A Clojure library for reading and interpreting http://www.sitemaps.org.
Provides a minimal skin over the semantics of the sitemaps spec; aims to just gather the data and give you back nice, Clojure-ish maps and lists.
Include it in your project.clj (you'll probably also want something like clj-http to actually retrieve the files from the remote server)
[mundi "0.1.0-SNAPSHOT"]
[clj-http "0.9.1"]
Then from a REPL:
user=> (require [clj-http.client :as client])
user=> (require [mundi.core :as sm]
user=> (def beeb-data (:body (client/get "http://www.bbc.co.uk/sport/sitemap.xml")))

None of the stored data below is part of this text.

-- ===== src/Tests.antt =====
-- Runs of the models on concrete inputs, and the theorems at inputs that meet their hypotheses.
mod Frames
mod Sessions
mod Blobs
mod Links
mod Handshakes
mod Peers
mod Reconnects
mod Offers
mod Names
mod Transfers
mod Inboxes
mod Polls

user=> (def beeb-urls (sm/find-urls beeb-data))
user=> (count beeb-urls)
493
user=> (first beeb-urls)
{:loc "http://www.bbc.co.uk..." :change-freq :monthly :priority 0.5 :last-modified #inst "2014-05-20T00:00:00.000+01:00"}
- Loads sitemap content from a string (requires the user to fetch the data from the source and convert to string - see examples for how to use e.g. clj-http)
- Returns standard Clojure structures (maps, lists, keywords, date instants)
- Provides sensible defaults for missing or invalid values in the sitemap data
- Tests for last-modified values with time portion
Copyright © 2014 Rory Gibson
Distributed under the Eclipse Public License either version 1.0.